I saw the look of defeat on her face every time she'd ask for a mileage check. "Ugh, that's it?" (hmmmm again, sound like Ironman?).  We would see looks of pain, of frustration "oh I'm holding everyone up, I'm sure they have something else to do today.".. No Dawn, we don't we are HERE FOR YOU!   Then came the halfway point.  We lined up and cheered.  GIANT SMILE across her face. WOOOHOO I GET TO TURN AROUND :).

  We headed back and I thought she was going to kill me; we joked that she was going to have the bat waiting for me at the end.  She had the option to sit or even ride back in the wheelchair, but refused every time.  She was in pain but the grin that crossed her face when passersby gave a giant high-five was priceless. Everyone, I mean EVERYONE was proud of her for being out there, for trying!

She would ask about a distance check more and more, (again sound like Ironman?).  A few of us would run ahead "look see that bend, the bridge (which was near the car) is around that corner."   She yelled at me once "you said that 5x already with each bend I just see another bend."

She decided she wanted some tunes so put in her iPod, she had a little spring in her step for a bit!  Jay continued by her side, walking sideways while kicking her foot forward.

The day wore on, but I refused to tell her what time it was. We were approaching 7 hours.  We really did make it to the last bend. Kellie, Laura, Angela and Jay stayed with her for the last .1 miles and the rest of us ran to the corner to set up the finish line.

I gave everyone medals, and we held up the finish line.  She couldn't see us until she was only 20 or so steps away.  Her face was covered in MANY emotions. I heard her say "I can't cry in front of all these people?" .. I said OF COURSE YOU CAN, I bet we all will.  I cry at sporting events all the time, especially the ones that are INSANELY motivational.. like this one.  So like an Ironman, you're rounding the corner to the finish line FINALLY, what do you do? Fix your hair, make sure you don't have cookie on your face, tuck in the shirt LOL.. Yes Dawn, you really did go through all the steps just like Ironman day.

She saw the finish line, came and went through the tape like a champ.  I'm not sure she grasped what just happened, she just wanted out of those shoes and to sit down with a Pina Colada.

We cheered, we teared up.. then her mom walked over to her to give her a MEDAL. 

Dawn had no idea I had medals!  Mom gave a little speech on how proud she was, it made EVERYONE cry.  

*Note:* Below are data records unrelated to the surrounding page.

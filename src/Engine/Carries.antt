-- ===== src/Engine/Carries.antt =====
-- proxy/src/encryption_engine.cpp: what the cipher carries. The engine meets the interface that the
-- proxy relies on.
use pancake.Base.Tests.{
  ℕ, ◌+◌, ◌*◌, ◌/◌, ◌≤◌, ◌<◌, ◌≡◌, refl, ap, ◌∙◌, ◌≢◌, some, [], ◌∷◌, ◌++◌, arith, if◌then◌else◌,
  ltb, leb,
}
use pancake.Base.Lists.{length, length-append, All}
use pancake.Base.Text.{Text}
use pancake.Base.Run.{Run, ok, fault, assertion, out_of_range, ◌>>=◌, ◌>>◌, guard, Returns}
use pancake.Engine.{Engine}
use pancake.Engine.Openssl.{Openssl, IsCipher}
use pancake.Engine.Cipher.{until_nul, buffer_size, encrypt_buffer, decrypt_buffer, encrypt, decrypt}

-- the length of a text with its padding
abbrev pub padded : Text → ℕ
padded t = (length t / 16 + 1) * 16

pub until_nul-plain : (t : Text) → All (λ c. c ≢ 0) t → until_nul t ≡ t
unfolding until_nul
until_nul-plain [] h = refl
until_nul-plain (c ∷ t) (h, hs) = ground (arith, until_nul-plain t hs)

-- The tests of both writes against the buffer are the test of the second.
pieces :
    (capacity : ℕ) (u v : Text)
    → (guard (leb (length u) capacity) out_of_range
        >> (guard (leb (length (u ++ v)) capacity) out_of_range >> ok (u ++ v)))
      ≡ (if leb (length (u ++ v)) capacity then ok (u ++ v) else fault out_of_range)
pieces capacity u v = ground (arith, length-append u v)

module _ (o : Openssl) (works : IsCipher o) (key iv : Text) where
  encrypt_buffer-pieces :
      (capacity : ℕ) (t u v : Text)
      → o.encrypt_update key iv t ≡ some u
      → o.encrypt_final key iv t ≡ some v
      → encrypt_buffer o capacity t key iv
        ≡ (if leb (length (u ++ v)) capacity then ok (u ++ v) else fault out_of_range)
  unfolding encrypt_buffer
  encrypt_buffer-pieces capacity t u v eu ev =
      rw (works.ctx, (works.init key iv).0, eu, ev, encrypt_buffer) (pieces capacity u v)

  decrypt_buffer-pieces :
      (capacity : ℕ) (c a b : Text)
      → o.decrypt_update key iv c ≡ some a
      → o.decrypt_final key iv c ≡ some b
      → decrypt_buffer o capacity c key iv
        ≡ (if leb (length (a ++ b)) capacity then ok (a ++ b) else fault out_of_range)
  unfolding decrypt_buffer
  decrypt_buffer-pieces capacity c a b ea eb =
      rw (works.ctx, (works.init key iv).1, ea, eb, decrypt_buffer) (pieces capacity a b)

  abbrev finish : Run Text → Run Text
  finish m = m >>= λ c. guard (ltb 0 (length c)) assertion >> ok c

  abbrev cut : Run Text → Run Text
  cut m = m >>= λ t. guard (ltb 0 (length t)) assertion >> ok (until_nul t)

  encrypted :
      (c : Text)
      → finish (if leb (length c) buffer_size then ok c else fault out_of_range) ≡ (
          if leb (length c) buffer_size
          then (if ltb 0 (length c) then ok c else fault assertion)
          else fault out_of_range)
  encrypted c = ground arith

  decrypted :
      (t : Text)
      → length t ≤ buffer_size
      → cut (if leb (length t) buffer_size then ok t else fault out_of_range)
        ≡ (if ltb 0 (length t) then ok (until_nul t) else fault assertion)
  decrypted t h = ground arith

  -- If the cipher's calls succeed, fill up the last block and undo each other, then a text
  -- whose padded length is at most 4096 is encrypted to that many bytes. Decrypted, they are
  -- the text up to its first zero byte; for the empty text an assertion fails.
  pub encrypt-fits :
      (t : Text)
      → padded t ≤ buffer_size
      → Returns (encrypt o key iv t) λ c.
        (length c ≡ padded t)
        × (decrypt o key iv c ≡ (if ltb 0 (length t) then ok (until_nul t) else fault assertion))
  unfolding encrypt decrypt
  encrypt-fits t h =
      let (u, v, eu, ev, size) = works.encrypts key iv t in
      let (a, b, ea, eb, joined) = works.decrypts key iv t u v eu ev in
      (
        u ++ v,
        ap finish (encrypt_buffer-pieces buffer_size t u v eu ev)
            ∙ encrypted (u ++ v)
            ∙ ground (arith, size, h),
        (
          size,
          ap cut (decrypt_buffer-pieces buffer_size (u ++ v) a b ea eb)
              ∙ rw joined (decrypted t (omega arith)),
        ),
      )

  -- If the cipher's calls succeed and fill up the last block, encryption of a text whose padded
  -- length exceeds 4096 writes past the end of its buffer.
  pub encrypt-overflow :
      (t : Text) → buffer_size < padded t → encrypt o key iv t ≡ fault out_of_range
  unfolding encrypt
  encrypt-overflow t h =
      let (u, v, eu, ev, size) = works.encrypts key iv t in
      ap finish (encrypt_buffer-pieces buffer_size t u v eu ev)
      ∙ encrypted (u ++ v)
      ∙ ground (arith, size, h)

  -- a text that comes back whole
  abbrev pub IsPlain : Text → Type 0
  IsPlain t = (0 < length t) × All (λ c. c ≢ 0) t × (padded t ≤ buffer_size)

  pub decrypt-encrypt :
      (t : Text) → IsPlain t → Returns (encrypt o key iv t) λ c. decrypt o key iv c ≡ ok t
  decrypt-encrypt t (some_byte, plain, fits) =
      let (c, e, (size, d)) = encrypt-fits t fits in
      (c, e, d ∙ ground (arith, until_nul-plain t plain))

  -- The engine as the proxy uses it.
  abbrev pub openssl_engine : Engine
  openssl_engine = record {
    encrypt = encrypt o key iv;
    decrypt = decrypt o key iv;
    IsPlain = IsPlain;
    nonempty = λ h. omega (arith, h.0);
    decrypt-encrypt = decrypt-encrypt;
  }
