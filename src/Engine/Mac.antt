-- ===== src/Engine/Mac.antt =====
-- proxy/src/encryption_engine.cpp: `make_keys`, `sign_it`, `hmac_it`, `verify_it`, `hmac` and the
-- constructors. A failed `assert` stops the program, so the `break` that follows each is never taken.
use pancake.Base.Tests.{[], ℕ, Option, none, some, if◌then◌else◌, ltb, leb, nat_eqb}
use pancake.Base.Lists.{length, take}
use pancake.Base.Text.{Text, codes, text_eqb}
use pancake.Base.Run.{Run, ok, fault, assertion, ◌>>=◌, ◌>>◌, guard}
use pancake.Engine.Openssl.{Openssl}
use pancake.Util.{Rng, rand_str}

-- `EVP_MAX_MD_SIZE`
abbrev pub max_md_size : ℕ
max_md_size = 64

-- `hn`
abbrev pub digest_name : Text
digest_name = codes "SHA256"

-- the value that an `assert` asks for
abbrev pub asserted {ℓ} : {A : Type ℓ} → Option A → Run A
asserted none = fault assertion
asserted (some a) = ok a

module _ (o : Openssl) where
  -- the MAC of a message, as `sign_it` and `hmac_it` compute it; it returns 0 with the bytes
  unfoldable pub mac_it : Text → Text → o.Pkey → Run (ℕ × Text)
  mac_it name msg pkey = do
    guard (ltb 0 (length msg)) assertion
    guard o.md_ctx_create assertion
    md ← asserted (o.digest_by_name name)
    guard o.digest_init assertion
    guard (o.digest_sign_init pkey) assertion
    guard (o.digest_sign_update pkey msg) assertion
    req ← asserted (o.digest_sign_size pkey msg)
    guard (ltb 0 req) assertion
    guard (o.malloc req) assertion
    mac ← asserted (o.digest_sign_final pkey msg)
    guard (nat_eqb req (length mac)) assertion
    ok (0, mac)

  unfoldable pub sign_it : Text → o.Pkey → Run (ℕ × Text)
  unfolding mac_it
  sign_it = mac_it digest_name

  unfoldable pub hmac_it : Text → o.Pkey → Run (ℕ × Text)
  unfolding mac_it
  hmac_it = mac_it (codes "SHA256")

  -- It compares no more bytes than the signature has; 0 is success.
  unfoldable pub verify_it : Text → Text → o.Pkey → Run ℕ
  verify_it msg sig pkey = do
    guard (ltb 0 (length msg)) assertion
    guard (ltb 0 (length sig)) assertion
    guard o.md_ctx_create assertion
    md ← asserted (o.digest_by_name digest_name)
    guard o.digest_init assertion
    guard (o.digest_sign_init pkey) assertion
    guard (o.digest_sign_update pkey msg) assertion
    buff ← asserted (o.digest_sign_final pkey msg)
    guard (ltb 0 (length buff)) assertion
    let m = if ltb (length sig) (length buff) then length sig else length buff
    ok (if text_eqb (take m sig) (take m buff) then 0 else 1)

  -- the keys to sign and to verify with, of the same random bytes
  unfoldable pub make_keys : Run (o.Pkey × o.Pkey)
  make_keys = do
    size ← asserted (o.digest_by_name digest_name)
    guard (leb 16 size) assertion
    guard (leb size max_md_size) assertion
    hkey ← asserted (o.rand_bytes size)
    skey ← asserted (o.new_mac_key 0 hkey)
    vkey ← asserted (o.new_mac_key 1 hkey)
    ok (skey, vkey)

  pub record EncryptionEngine : Type 0 where
    -- the strings that it owns, and what its pointers point to
    pub encryption_string : Text
    pub iv_string : Text
    pub encryption_key : Text
    pub iv : Text
    pub skey : o.Pkey
    pub vkey : o.Pkey

  -- the constructor, over the random numbers that are left
  unfoldable pub encryption_engine : Rng → Run (EncryptionEngine × Rng)
  unfolding make_keys
  encryption_engine g = do
    let key = rand_str 32 g
    let vector = rand_str 16 key.1
    (skey, vkey) ← make_keys
    ok (
      record {
        encryption_string = key.0;
        iv_string = vector.0;
        encryption_key = key.0;
        iv = vector.0;
        skey = skey;
        vkey = vkey;
      },
      vector.1,
    )

  -- The copy constructor: it points into the strings of the other, has none of its own, and makes new
  -- keys for the MAC.
  unfoldable pub copy_engine : EncryptionEngine → Run EncryptionEngine
  unfolding make_keys
  copy_engine other = do
    (skey, vkey) ← make_keys
    ok (record {
      encryption_string = [];
      iv_string = [];
      encryption_key = other.encryption_string;
      iv = other.iv_string;
      skey = skey;
      vkey = vkey;
    })

  -- `hmac`, which looks at the MAC and not at the result
  unfoldable pub hmac : Text → EncryptionEngine → Run Text
  unfolding hmac_it
  hmac key e = do (res, val) ← hmac_it key e.skey; ok val
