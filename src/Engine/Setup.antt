-- ===== src/Engine/Setup.antt =====
-- proxy/src/encryption_engine.cpp: the constructors.
use pancake.Base.Tests.{[], ℕ, true, ◌≤◌, ◌<◌, ◌≡◌, refl, some, arith, leb}
use pancake.Base.Lists.{length, All}
use pancake.Base.Text.{Text}
use pancake.Base.Run.{Returns}
use pancake.Engine.Openssl.{Openssl}
use pancake.Engine.Cipher.{encrypt, decrypt}
use pancake.Engine.Mac.{make_keys, EncryptionEngine, encryption_engine, copy_engine, digest_name}
use pancake.Util.{Rng, rand_str, rand_str_digits}

-- The digest has from 16 to 64 bytes, and random bytes and keys can be had.
pub record IsKeyed (o : Openssl) : Type 0 where
  pub named : (size : ℕ) × (o.digest_by_name digest_name ≡ some size) × (16 ≤ size) × (size ≤ 64)
  pub bytes : (n : ℕ) → (b : Text) × (o.rand_bytes n ≡ some b)
  pub keys : (i : ℕ) (b : Text) → (k : o.Pkey) × (o.new_mac_key i b ≡ some k)

-- decimal digits
abbrev pub Digits : Text → Type 0
Digits t = All (λ c. (48 ≤ c) × (c < 58)) t

module _ (o : Openssl) (works : IsKeyed o) where
  keys-made : Returns (make_keys o) λ _. Unit {0}
  unfolding make_keys
  keys-made =
      let (size, named, low, high) = works.named in
      let (hkey, drawn) = works.bytes size in
      let (skey, signing) = works.keys 0 hkey in
      let (vkey, verifying) = works.keys 1 hkey in
      let large : leb 16 size ≡ true = ground (arith, low) in
      let small : leb size 64 ≡ true = ground (arith, high) in
      ((skey, vkey), rw (named, large, small, drawn, signing, verifying) refl, tt)

  -- If keys can be made, the constructor ends normally, with a key of 32 and a vector of 16
  -- decimal digits, whatever the random numbers are. A copy can then be made, and it encrypts
  -- and decrypts as the original does.
  pub encryption_engine-Digits :
      (g : Rng)
      → Returns (encryption_engine o g) λ (e, g').
        (length e.encryption_key ≡ 32)
        × Digits e.encryption_key
        × (length e.iv ≡ 16)
        × Digits e.iv
        × Returns (copy_engine o e) λ copy.
          (t : Text)
          → (encrypt o copy.encryption_key copy.iv t ≡ encrypt o e.encryption_key e.iv t)
            × (decrypt o copy.encryption_key copy.iv t ≡ decrypt o e.encryption_key e.iv t)
  unfolding encryption_engine copy_engine
  encryption_engine-Digits g =
      let (pair, made, _) = keys-made in
      let key = rand_str 32 g in
      let vector = rand_str 16 key.1 in
      let e : EncryptionEngine o = record {
        encryption_string = key.0;
        iv_string = vector.0;
        encryption_key = key.0;
        iv = vector.0;
        skey = pair.0;
        vkey = pair.1;
      } in
      (
        (e, vector.1),
        rw made refl,
        (
          (rand_str_digits 32 g).0,
          (rand_str_digits 32 g).1,
          (rand_str_digits 16 key.1).0,
          (rand_str_digits 16 key.1).1,
          (record e { encryption_string = []; iv_string = [] }, rw made refl, λ t. (refl, refl)),
        ),
      )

Videos of the finish in 3 segments;
The things like Mom's approval, or a random stranger's high five, or 15 random strangers (now friends), family and friends sticking it out for 7 hours,  on a day like today are priceless!

Dawn did it, she tackled what the thought was NEVER possible.  I hope her mindset is changed. SHE CAN do it.  She will now and forever be an inspiration for OTHERS as well!

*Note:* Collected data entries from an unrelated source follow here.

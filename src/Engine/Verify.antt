-- ===== src/Engine/Verify.antt =====
-- proxy/src/encryption_engine.cpp: what `verify_it` accepts.
use pancake.Base.Tests.{
  ℕ, ◌<◌, ◌≡◌, refl, sym, ap, ◌∙◌, ◌↔◌, some, [], ◌∷◌, ◌++◌, arith, if◌then◌else◌, ltb, Bool-cases,
  inl, inr,
}
use mathlib.Core.List.{append-nil}
use pancake.Base.Lists.{length, length-append, take}
use pancake.Base.Text.{Text, text_eqb, text_eqb_iff}
use pancake.Base.Run.{ok, Returns, ok_inj}
use pancake.Engine.Openssl.{Openssl, IsMac}
use pancake.Engine.Mac.{mac_it, sign_it, verify_it, digest_name}

-- `m`, the number of bytes that are compared
abbrev pub shorter : Text → Text → ℕ
shorter sig mac = if ltb (length sig) (length mac) then length sig else length mac

take_all : (a : Text) → take (length a) a ≡ a
take_all [] = refl
take_all (c ∷ a) = ap (λ (t : Text). c ∷ t) (take_all a)

take-append : (a b : Text) → take (length a) (a ++ b) ≡ a
take-append [] b = refl
take-append (c ∷ a) b = ap (λ (t : Text). c ∷ t) (take-append a b)

take-prefix : (a b : Text) → take (shorter a (a ++ b)) a ≡ take (shorter a (a ++ b)) (a ++ b)
take-prefix a [] = rw (append-nil a) refl
take-prefix a (c ∷ b) =
    let short : shorter a (a ++ (c ∷ b)) ≡ length a = ground (arith, length-append a (c ∷ b)) in
    rw short (take_all a ∙ sym (take-append a (c ∷ b)))

module _ (o : Openssl) (works : IsMac o) where
  signs :
      (name msg : Text) (pkey : o.Pkey)
      → 0 < length msg
      → Returns
          (mac_it o name msg pkey)
          λ (rc, mac). (rc ≡ 0) × (o.digest_sign_final pkey msg ≡ some mac) × (0 < length mac)
  unfolding mac_it
  signs name msg pkey h =
      let (size, named) = works.named name in
      let (mac, final, asked, some_byte, short) = works.final pkey msg in
      (
        (0, mac),
        rw
            (
              works.ctx,
              named,
              works.init,
              works.sign_init pkey,
              works.update pkey msg,
              asked,
              works.malloc (length mac),
              final,
            )
            (ground arith),
        (refl, final, some_byte),
      )

  verified :
      (msg sig mac : Text) (pkey : o.Pkey)
      → 0 < length msg
      → 0 < length sig
      → sign_it o msg pkey ≡ ok (0, mac)
      → verify_it o msg sig pkey
        ≡ ok (if text_eqb (take (shorter sig mac) sig) (take (shorter sig mac) mac) then 0 else 1)
  unfolding verify_it sign_it
  verified msg sig mac pkey h h' e =
      let (size, named) = works.named digest_name in
      let (out, made, (zero_rc, final, some_byte)) = signs digest_name msg pkey h in
      let same : out.1 ≡ mac = ap (λ (r : ℕ × Text). r.1) (ok_inj out (0, mac) (sym made ∙ e)) in
      rw (works.ctx, named, works.init, works.sign_init pkey, works.update pkey msg, final)
        (rw same (ground (arith, some_byte, same)))

  -- If the calls of the MAC succeed, message and signature are not empty, and the message is
  -- signed by `mac`, then `verify_it` accepts the signature exactly if it agrees with `mac` in
  -- as many bytes as the shorter of both has.
  pub verify_it-compares :
      (msg sig mac : Text) (pkey : o.Pkey)
      → 0 < length msg
      → 0 < length sig
      → sign_it o msg pkey ≡ ok (0, mac)
      → (verify_it o msg sig pkey ≡ ok 0)
        ↔ (take (shorter sig mac) sig ≡ take (shorter sig mac) mac)
  verify_it-compares msg sig mac pkey h h' e =
      let run = verified msg sig mac pkey h h' e in
      let a : Text = take (shorter sig mac) sig in
      let b : Text = take (shorter sig mac) mac in
      elim (Bool-cases (text_eqb a b)) [
        | inl q ↦ (λ _. (text_eqb_iff a b).0 q, λ _. rw q at run)
        | inr q ↦ (
          λ r.
              let bad : ◌≡◌ {A = ℕ} 0 1 = ok_inj 0 1 (sym r ∙ (rw q at run)) in
              absurd (omega arith),
          λ same. cc ((text_eqb_iff a b).1 same),
        )
      ]

  pub verify_it-prefix :
      (msg sig more : Text) (pkey : o.Pkey)
      → 0 < length msg
      → 0 < length sig
      → sign_it o msg pkey ≡ ok (0, sig ++ more)
      → verify_it o msg sig pkey ≡ ok 0
  verify_it-prefix msg sig more pkey h h' e =
      (verify_it-compares msg sig (sig ++ more) pkey h h' e).1 (take-prefix sig more)
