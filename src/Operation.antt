-- ===== src/Operation.antt =====
-- proxy/src/operation.h.
use pancake.Base.Tests.{◌≡◌, ◌↔◌, Bool, true, false, not, [], arith, if◌then◌else◌}
use pancake.Base.Text.{Text, text_eqb, text_eqb_iff}

pub record Operation : Type 0 where
  pub key : Text
  pub value : Text

-- the default constructor
abbrev pub blank : Operation
blank = record { key = []; value = [] }

-- `operator=`, which returns the object that it is called on
unfoldable pub assign : Operation → Operation → Operation
assign this that = this

-- `operator==` and `operator!=`
unfoldable pub equals : Operation → Operation → Bool
equals this rhs =
    if not (text_eqb this.key rhs.key)
    then false
    else (if not (text_eqb this.value rhs.value) then false else true)

unfoldable pub differs : Operation → Operation → Bool
unfolding equals
differs this rhs = not (equals this rhs)

-- Two operations are equal for `operator==` exactly if they have the same key and value, and
-- `operator!=` says no exactly then.
pub equals_iff :
    (a b : Operation) → ((equals a b ≡ true) ↔ (a ≡ b)) × ((differs a b ≡ false) ↔ (a ≡ b))
unfolding equals differs
equals_iff a b = (
  ground (arith, text_eqb_iff a.key b.key, text_eqb_iff a.value b.value),
  ground (arith, text_eqb_iff a.key b.key, text_eqb_iff a.value b.value),
)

Sometimes you have to think about your goals and how to achieve them. The path to get there may be unique only to you, but there is a path to whatever you want to accomplish!

Yes Dawn believed she could, so she did!

Feel free to leave comments on the blog for Dawn, I will make sure she sees them!

***I can't thank everyone enough for supporting Dawn, it was an amazing selfless day for all that attended. Yes it was a long day, but everyone went in knowing we were getting her to that finish line.  I love you all for being there!  You are all amazing, inspirational and my hero today!